Работа его группы продемонстрировала, что биология и функционирование этих систем могут подвергаться резким изменениям из-за кратких периодов стресса в раннем возрасте. Биология – это не просто действие генов, разыгрывающих какой-то неизменный сценарий. Как было предсказано теорией эволюции, этот сценарий чувствителен к окружающему миру. В некоторых экспериментах продолжительность стресса составляла не более нескольких минут и включала краткий физический контакт людей с крысятами, что создает большой стресс для животных. Но это кратковременное переживание в ключевые моменты развития мозга приводило к изменениям в системах выработки стрессовых гормонов, которые сохранялись и в зрелом возрасте.

С того момента, как я приступил к учебе на психиатра, я сознавал фундаментальное воздействие раннего жизненного опыта. Это стало лекалом, с которым я сравнивал все последующие концепции.

Во время лабораторной практики мои мысли часто обращались к Тине и к другим детям, с которыми я работал. Я заставлял себя размышлять над проблемой. Что мне известно? Какой информации не хватает? Могу ли я видеть связи между известным и неизвестным? Оказывают ли мои сеансы терапии какое-то влияние на жизнь этих детей? Думая о своих пациентах, я принимал во внимание их симптомы. Почему именно эти проблемы появились именно у этого ребенка? Можно ли объяснить его поведение теми сведениями, которые мне и другим специалистам удалось узнать о работе мозга? К примеру, может ли изучение нейробиологических основ привязанности, – связи между родителями и ребенком, – помогать в решении проблем, возникающих между матерью и сыном? Можно ли объяснить фрейдистские идеи вроде переноса – процесса, при котором пациент переносит свои чувства к родителям на другие отношения, особенно на отношения с психотерапевтом, – изучением мозговых функций?

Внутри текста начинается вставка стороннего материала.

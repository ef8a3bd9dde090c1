-- ===== src/Bridge/Deadlock.antt =====
-- What follows when the loop is gone at the moment that a stream starts.
use deep_agent_cli.Bridge.State.{
  with_lock, set_cancel, start_locked, finish_gone, finish_start_in, finish_start, refuse_task,
  finishing, finish, error, reading, unstarted, asking, holding, was_cancelled, closing, pump_in,
  ended, take_slot, scheduled, running, start_fresh, abandon_in, leave_in, read_in, finish_in,
  cancel_pump, create_in, start_in, fresh, is_running, release_in, PumpEvent, Task, StreamState,
  wake_now, close, abandon, leave, read, release_slot, task_done, pump, cancel_task, create_task,
  start, wake_consumer, request_cancel, Bridge, begins, ends, gets_slot, is_cancelled, puts_outcome,
  gives, fails,
}
use deep_agent_cli.Bridge.Steps.{
  finishes_start, abandons, leaves, closes, reads, releases_slot, ends_task, pumps, cancels_task,
  creates_task, starts, wakes_consumer, requests_cancel, Step, here, onward, Run,
}
use deep_agent_cli.Prelude.{
  subst, Bool, ℕ, zero, suc, ◌≡◌, refl, sym, true, false, not, ◌&&◌, nat_comparable,
  text_comparable, if◌then◌else◌,
}

module _ {A : Type 0} where
  -- The consumer holds the lock, and its next step takes the lock.
  abbrev IsStuck : Bridge A → Type 0
  IsStuck b = (b.consumer ≡ finishing) × (b.lock_held ≡ true)

  locked-IsStuck :
      (section : Bridge A → Bridge A) (b : Bridge A) → IsStuck b → IsStuck (with_lock section b)
  locked-IsStuck section b i = subst (λ t. IsStuck (if t then b else section b)) (sym i.1) i

  either-IsStuck :
      (t : Bool) (b c : Bridge A) → IsStuck b → IsStuck c → IsStuck (if t then b else c)
  either-IsStuck true b c i j = i
  either-IsStuck false b c i j = j

  request_cancel-IsStuck : (b : Bridge A) → IsStuck b → IsStuck (request_cancel b)
  unfolding request_cancel
  request_cancel-IsStuck b i = locked-IsStuck set_cancel b i

  wake_consumer-IsStuck :
      (loop_gone : Bool) (b : Bridge A) → IsStuck b → IsStuck (wake_consumer loop_gone b)
  unfolding wake_consumer
  wake_consumer-IsStuck loop_gone b i = in_case b.waking
    where
      in_case : (w : Bool) → IsStuck (wake_now w loop_gone b)
      in_case false = i
      in_case true = i

  start-IsStuck : (loop_gone : Bool) (b : Bridge A) → IsStuck b → IsStuck (start loop_gone b)
  unfolding start
  start-IsStuck loop_gone b i = locked-IsStuck (start_locked loop_gone) b i

  finish_start-IsStuck : (b : Bridge A) → IsStuck b → IsStuck (finish_start b)
  unfolding finish_start
  finish_start-IsStuck b i =
      subst (λ c. IsStuck (finish_start_in c b)) (sym i.0) (locked-IsStuck finish_gone b i)

  create_task-IsStuck : (b : Bridge A) → IsStuck b → IsStuck (create_task b)
  unfolding create_task
  create_task-IsStuck b i = in_task b.task
    where
      in_task : (t : Task A) → IsStuck (create_in t b)
      in_task scheduled = either-IsStuck b.cancel_requested _ _ (locked-IsStuck refuse_task b i) i
      in_task _ = i

  cancel_task-IsStuck : (b : Bridge A) → IsStuck b → IsStuck (cancel_task b)
  unfolding cancel_task
  cancel_task-IsStuck b i = either-IsStuck b.cancel_scheduled _ b i i

  pump-IsStuck : (event : PumpEvent A) (b : Bridge A) → IsStuck b → IsStuck (pump event b)
  unfolding pump
  pump-IsStuck event b i = in_task b.task event
    where
      cancels : (t : Task A) (c : Bool) → IsStuck (cancel_pump c t b)
      cancels t true = i
      cancels t false = i

      slot : (n : ℕ) (x : A) → IsStuck (take_slot n x b)
      slot zero x = i
      slot (suc n) x = i

      in_task : (t : Task A) (v : PumpEvent A) → IsStuck (pump_in t v b)
      in_task unstarted begins = i
      in_task unstarted is_cancelled = cancels ended b.task_cancelled
      in_task asking (gives x) = i
      in_task asking ends = i
      in_task asking (fails t) = i
      in_task asking is_cancelled = cancels (closing was_cancelled) b.task_cancelled
      in_task (holding x) gets_slot = slot b.slots x
      in_task (holding x) is_cancelled = cancels (closing was_cancelled) b.task_cancelled
      in_task (closing o) puts_outcome = i
      in_task _ _ = i

  task_done-IsStuck : (b : Bridge A) → IsStuck b → IsStuck (task_done b)
  unfolding task_done
  task_done-IsStuck b i = in_task b.task
    where
      in_task : (t : Task A) → IsStuck (finish_in t b)
      in_task ended = locked-IsStuck finish b i
      in_task _ = i

  release_slot-IsStuck : (b : Bridge A) → IsStuck b → IsStuck (release_slot b)
  unfolding release_slot
  release_slot-IsStuck b i = counted b.releases
    where
      counted : (n : ℕ) → IsStuck (release_in n b)
      counted zero = i
      counted (suc n) = i

  -- The consumer's own steps need a consumer that has started.
  read-IsStuck : (loop_gone : Bool) (b : Bridge A) → IsStuck b → IsStuck (read loop_gone b)
  unfolding read
  read-IsStuck loop_gone b i = subst (λ c. IsStuck (read_in c b.queue loop_gone b)) (sym i.0) i

  leave-IsStuck : (b : Bridge A) → IsStuck b → IsStuck (leave b)
  unfolding leave
  leave-IsStuck b i = subst (λ c. IsStuck (leave_in c b)) (sym i.0) i

  abandon-IsStuck : (b : Bridge A) → IsStuck b → IsStuck (abandon b)
  unfolding abandon
  abandon-IsStuck b i = subst (λ c. IsStuck (abandon_in c b)) (sym i.0) i

  close-IsStuck : (b : Bridge A) → IsStuck b → IsStuck (close b)
  unfolding close
  close-IsStuck b i =
      either-IsStuck (is_running b.state && not b.closed) _ b (request_cancel-IsStuck b i) i

  Step-IsStuck : {b c : Bridge A} → Step b c → IsStuck b → IsStuck c
  Step-IsStuck (requests_cancel b) i = request_cancel-IsStuck b i
  Step-IsStuck (wakes_consumer loop_gone b) i = wake_consumer-IsStuck loop_gone b i
  Step-IsStuck (starts loop_gone b) i = start-IsStuck loop_gone b i
  Step-IsStuck (finishes_start b) i = finish_start-IsStuck b i
  Step-IsStuck (creates_task b) i = create_task-IsStuck b i
  Step-IsStuck (cancels_task b) i = cancel_task-IsStuck b i
  Step-IsStuck (pumps event b) i = pump-IsStuck event b i
  Step-IsStuck (ends_task b) i = task_done-IsStuck b i
  Step-IsStuck (releases_slot b) i = release_slot-IsStuck b i
  Step-IsStuck (reads loop_gone b) i = read-IsStuck loop_gone b i
  Step-IsStuck (closes b) i = close-IsStuck b i
  Step-IsStuck (leaves b) i = leave-IsStuck b i
  Step-IsStuck (abandons b) i = abandon-IsStuck b i

  Run-IsStuck : {b c : Bridge A} → Run b c → IsStuck b → IsStuck c
  Run-IsStuck (here b) i = i
  Run-IsStuck (onward r s) i = Step-IsStuck s (Run-IsStuck r i)

  -- When a fresh stream that is not cancelled starts, its lock is free and its loop is gone, then
  -- the consumer waits to finish the start for ever: it holds the lock that `_finish` wants, and
  -- no step of any thread, its own included, gets it out or frees the lock.
  pub gone_loop_deadlocks :
      (b c : Bridge A)
      → b.state ≡ fresh
      → b.cancel_requested ≡ false
      → b.lock_held ≡ false
      → Run (start true b) c
      → (c.consumer ≡ finishing) × (c.lock_held ≡ true)
  unfolding start
  gone_loop_deadlocks b c f e l r = Run-IsStuck r starts_stuck
    where
      fresh_case : (t : Bool) → t ≡ false → IsStuck (start_fresh t true b)
      fresh_case false e = (refl, refl)
      fresh_case true e = absurd (cc e)

      in_state : (s : StreamState) → s ≡ fresh → IsStuck (start_in s true b)
      in_state fresh e' = fresh_case b.cancel_requested e
      in_state running e' = absurd (cc e')
      in_state deep_agent_cli.Bridge.State.finished e' = absurd (cc e')

      starts_stuck : IsStuck (start true b)
      starts_stuck =
          subst (λ t. IsStuck (if t then b else start_in b.state true b)) (sym l)
            (in_state b.state f)
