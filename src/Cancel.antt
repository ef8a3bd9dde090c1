-- ===== src/Cancel.antt =====
-- agent/cancel.py: the cancel context of one running tool. What the code does to the outside world
-- is a list of effects. The shared cancel event is owned by a run (see Control), so the operations
-- that read it take its value. `request_cancel` swallows the exceptions of callbacks; a callback that
-- is registered too late runs inside of `register_callback`, which raises what it raises. It runs under
-- the lock of the context, so callbacks are taken not to use the context themselves.
pub mod Order
use deep_agent_cli.Prelude.{
  ℕ, String, Bool, true, false, ◌||◌, Option, none, some, List, [], ◌∷◌, ◌++◌, map, ◌==◌,
  nat_comparable, text_comparable, if◌then◌else◌,
}

-- A process handle: whether it has a callable `cancel_execution`, and its `pid` (0 for none).
pub record Process : Type 0 where
  pub handle : ℕ
  pub cancel_execution : Bool
  pub pid : ℕ

pub data Effect : Type 0 where
  callback : ℕ → Effect
  cancelled_execution : ℕ → Effect
  killed_group : ℕ → Effect
  killed_process : ℕ → Effect
  output : String → String → String → Effect

-- `event` names the run whose cancel event the context shares; `none` is an event of its own.
pub record ToolCancelContext : Type 0 where
  pub tool_name : String
  pub tool_call_id : String
  pub event : Option ℕ
  pub token : String
  pub callbacks : List ℕ
  pub process : Option Process
  pub cancel_flag : Bool

-- `killpg_fails pid` is the operating system's answer to `killpg`.
module _ (killpg_fails : ℕ → Bool) where
  unfoldable pub kill_process_group : Process → List Effect
  kill_process_group p =
      if p.cancel_execution
      then cancelled_execution p.handle ∷ []
      else if p.pid == 0
      then []
      else if killpg_fails p.pid
      then killed_group p.pid ∷ killed_process p.handle ∷ []
      else killed_group p.pid ∷ []

  unfoldable pub kill_current : Option Process → List Effect
  unfolding kill_process_group
  kill_current none = []
  kill_current (some p) = kill_process_group p

  -- `cancelled`: its own flag, or the event of the run.
  abbrev pub cancelled : Bool → ToolCancelContext → Bool
  cancelled is_set ctx = ctx.cancel_flag || is_set

  -- The last component says whether an exception is raised; `raises` says which callbacks raise one.
  unfoldable pub register_callback :
      (ℕ → Bool) → Bool → ℕ → ToolCancelContext → ToolCancelContext × List Effect × Bool
  register_callback raises is_set f ctx =
      if ctx.cancel_flag || is_set
      then (ctx, callback f ∷ [], raises f)
      else (record ctx { callbacks = ctx.callbacks ++ f ∷ [] }, [], false)

  unfoldable pub register_process :
      Bool → Process → ToolCancelContext → ToolCancelContext × List Effect
  unfolding kill_process_group
  register_process is_set p ctx =
      let ctx' = record ctx { process = some p } in
      if ctx.cancel_flag || is_set then (ctx', kill_process_group p) else (ctx', [])

  unfoldable pub clear_process : ToolCancelContext → ToolCancelContext
  clear_process ctx = record ctx { process = none }

  unfoldable pub request_cancel : ToolCancelContext → ToolCancelContext × List Effect
  unfolding kill_current
  request_cancel ctx = if ctx.cancel_flag then (ctx, []) else (
    record ctx { cancel_flag = true },
    map callback ctx.callbacks ++ kill_current ctx.process,
  )

-- `emit_tool_output`, given whether an emitter is installed.
unfoldable pub emit_tool_output : Bool → String → String → String → List Effect
emit_tool_output installed tool_call_id content stream =
    if installed
    then (if content == "" then [] else output tool_call_id content stream ∷ [])
    else []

Здесь должно быть какое-то связующее звено, думал я. Должна существовать корреляция между работой человеческого мозга и симптомами поведения, пусть мы пока даже не можем понять или описать ее. В конце концов, мозг обрабатывает любые эмоции, мысли и виды поведения. По сравнению с другими органами в человеческом теле, такими как сердце, печень, легкие или поджелудочная железа, мозг отвечает за тысячи сложных решений. Когда вам приходит в голову блестящая идея, когда вы влюбляетесь, падаете с лестницы, переводите дух во время подъема, таете от улыбки вашего ребенка, смеетесь над анекдотом, испытываете голод или сытость – все эти ощущения и реакции на них осуществляются при участии мозга. Отсюда следовало, что задержка развития речи Тины, ее проблемы с импульсивностью, вниманием и здоровыми взаимоотношениями были непосредственно связаны с мозгом.

Однако с какой частью мозга, я не знал. Могло ли это понимание способствовать более эффективному лечению? Какие области мозга Тины, нейронные сети и нейротрансмиттерные системы были плохо отрегулированы, недоразвиты или дезорганизованы и как это могло помочь в моей терапии? Для ответа на эти вопросы мне пришлось начать с уже известных вещей.


Замечательные функциональные способности мозга опираются на ряд не менее замечательных его структур. Существует 86 000 000 000 нейронов (мозговых клеток)[14], и у каждого нейрона есть важные поддерживающие глиальные клетки, или глия. В процессе развития (от первых шевелений в утробе до ранней зрелости) все особые клетки (существует множество разных видов) упорядочиваются в отдельные нейронные сети. В результате возникают сложные взаимосвязи между бесчисленными специализированными системами. Цепочки и сети взаимосвязанных нейронов образуют многогранную архитектуру мозга. В книге мы будем говорить о четырех основных частях мозга: ствол мозга, промежуточный мозг, лимбическая система и кора мозга.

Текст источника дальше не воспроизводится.